6. How Generative AI Boosts Personalization in DAM?
Gen-AI unlocks an immense potential for personalization for DAM. It can allow enterprises to personalize digital assets for individual users as well as user groups. Customizing images, audio, and videos to suit users’ behavior and taste can be made use of by various industries, especially where custom content is frequently needed to match user preference, e.g., digital commerce. The scale of personalization can be unrestricted, leading to the generation of massive volumes and varieties of assets, which can cater to a diverse range of customer-facing channels. Everything can be created to suit users’ tastes, from videos suitable to multiple channels, 3D designs, or short and long-form text copies.

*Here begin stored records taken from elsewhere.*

-- ===== src/Relay/Firewall.antt =====
-- internal/system/firewall.go: the commands that open and close ports and forwarded flows, and what
-- internal/relay/relay.go and internal/relay/apply.go ask of it.
use singbox_deploy.Common.{
  Text, codes, text_eq, ◌==◌, Bool, true, false, not, ◌&&◌, ◌||◌, List, [], ◌∷◌, ◌++◌, map,
  is_empty, if◌then◌else◌, ltb, ℤ, pos, negsuc, itoa, trim_space,
}
use singbox_deploy.Relay.{Forward, Landing, Config, display_name}
use singbox_deploy.Relay.Rules.{ResolvedLanding, sorted_forwards}

-- `no_firewall` is `FirewallNone`.
pub data Firewall : Type 0 where
  ufw firewalld no_firewall : Firewall

pub record Port : Type 0 where
  pub number : ℤ
  pub proto : Text
  pub label : Text
  pub reachable : Bool

pub record ForwardRoute : Type 0 where
  pub proto : Text
  pub address : Text
  pub port : ℤ

pub record Command : Type 0 where
  pub name : Text
  pub args : List Text

-- `number <= 0`
abbrev is_unset : ℤ → Bool
is_unset (pos n) = not (ltb 0 n)
is_unset (negsuc n) = true

abbrev is_firewalld : Firewall → Bool
is_firewalld firewalld = true
is_firewalld _ = false

-- Permanent rules of firewalld take effect with a reload.
unfoldable pub with_reload : Firewall → List Command → List Command
with_reload f cmds =
    if is_firewalld f && not (is_empty cmds)
    then cmds ++ record { name = codes "firewall-cmd"; args = codes "--reload" ∷ [] } ∷ []
    else cmds

unfoldable pub port_command : Firewall → Bool → Text → List Command
port_command ufw remove spec =
    if remove
    then record { name = codes "ufw"; args = codes "delete" ∷ codes "allow" ∷ spec ∷ [] } ∷ []
    else record { name = codes "ufw"; args = codes "allow" ∷ spec ∷ [] } ∷ []
port_command firewalld remove spec =
    record {
      name = codes "firewall-cmd";
      args =
          ((if remove then codes "--remove-port=" else codes "--add-port=") ++ spec)
          ∷ codes "--permanent"
          ∷ [];
    }
    ∷ []
port_command no_firewall remove spec = []

-- The loop of `firewallPortCommands`.
unfoldable pub port_commands : Firewall → Bool → List Port → List Command
port_commands f remove [] = []
port_commands f remove (p ∷ ps) =
    let rest = port_commands f remove ps in
    if is_unset p.number
    then rest
    else port_command f remove (itoa p.number ++ codes "/" ++ p.proto) ++ rest

unfoldable pub firewall_port_commands : Firewall → Bool → List Port → List Command
firewall_port_commands f remove ports = with_reload f (port_commands f remove ports)

unfoldable pub route_command : Firewall → Bool → ForwardRoute → List Command
route_command ufw remove r =
    record {
      name = codes "ufw";
      args =
          codes "route"
          ∷ (if remove then codes "delete" else codes "allow")
          ∷ codes "proto"
          ∷ r.proto
          ∷ codes "from"
          ∷ codes "any"
          ∷ codes "to"
          ∷ r.address
          ∷ codes "port"
          ∷ itoa r.port
          ∷ [];
    }
    ∷ []
route_command firewalld remove r =
    record {
      name = codes "firewall-cmd";
      args =
          codes "--permanent"
          ∷ codes "--direct"
          ∷ (if remove then codes "--remove-rule" else codes "--add-rule")
          ∷ codes "ipv4"
          ∷ codes "filter"
          ∷ codes "FORWARD"
          ∷ codes "0"
          ∷ codes "-p"
          ∷ r.proto
          ∷ codes "-d"
          ∷ r.address
          ∷ codes "--dport"
          ∷ itoa r.port
          ∷ codes "-j"
          ∷ codes "ACCEPT"
          ∷ [];
    }
    ∷ []
route_command no_firewall remove r = []

-- The loop of `FirewallForwardCommands`.
unfoldable pub route_commands : Firewall → Bool → List ForwardRoute → List Command
route_commands f remove [] = []
route_commands f remove (r ∷ rs) =
    let rest = route_commands f remove rs in
    if is_unset r.port
      || is_empty r.address
      || (not (r.proto == codes "tcp") && not (r.proto == codes "udp"))
    then rest
    else route_command f remove r ++ rest

unfoldable pub firewall_forward_commands : Firewall → Bool → List ForwardRoute → List Command
firewall_forward_commands f remove routes = with_reload f (route_commands f remove routes)

-- `Config.ListenPorts`
unfoldable pub listen_ports : List Landing → List Port
listen_ports [] = []
listen_ports (l ∷ ls) =
    map
      (λ (f : Forward). record {
        number = f.listen_port;
        proto = f.network;
        label = codes "relay " ++ f.protocol ++ codes " to " ++ display_name l;
        reachable = false;
      })
      l.forwards
    ++ listen_ports ls

abbrev pub route_to : Text → Forward → ForwardRoute
route_to address f = record { proto = f.network; address = address; port = f.target_port }

unfoldable pub forward_routes : List ResolvedLanding → List ForwardRoute
forward_routes [] = []
forward_routes (r ∷ rs) =
    map (route_to r.ip) (sorted_forwards r.landing.forwards) ++ forward_routes rs

unfoldable pub previous_routes : List Landing → List ForwardRoute
previous_routes [] = []
previous_routes (l ∷ ls) =
    let rest = previous_routes ls in
    if is_empty (trim_space l.address)
    then rest
    else map (route_to (trim_space l.address)) (sorted_forwards l.forwards) ++ rest

-- `withdrawFirewall` and `grantFirewall`: the commands of each, in order.
unfoldable pub withdraw_commands : Firewall → Config → List Command
withdraw_commands f previous =
    firewall_port_commands f true (listen_ports previous.landings)
    ++ firewall_forward_commands f true (previous_routes previous.landings)

unfoldable pub grant_commands : Firewall → List ResolvedLanding → List Command
grant_commands f resolved =
    firewall_port_commands f false
      (listen_ports (map (λ (r : ResolvedLanding). r.landing) resolved))
    ++ firewall_forward_commands f false (forward_routes resolved)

Moreover, the assets could be molded and assembled into various combinations to offer users personalized experiences. Not only can Gen-AI create more and more versions, but it can also dynamically support the assembling of content artifacts to develop original customized responses to customer demands, thereby quickening up the time of creative optimization. It makes the process of targeting, optimizing, and re-targeting smooth and straightforward, primarily because Gen-AI arms DAM with real-time asset creation.
7. Conclusion: The Future of DAM in the Era of AI
As Generative AI continues to evolve, the future of DAM will continue to progress with it. The real-time asset creation will offer organizations an unprecedented edge, something they never had before. Industries such as digital commerce and retail are all set to see significant changes in the way they manage their digital assets.
The powerful asset customization capability without an expert’s help will be a game-changer for DAM. Deployment of Gen-AI within content creation workflows has already begun and user prompts or user queries are being used to ask Gen-AI to come up with desired outputs. With every prompt, the query gets more defined, and the Gen-AI tools get even more sophisticated. In summary, DAM has a lot to gain from Gen-AI, as it stands to become from an asset management tool to a one-stop shop for content generation, collection, management, and storage. And it spells good news for organizations of all industries and sizes.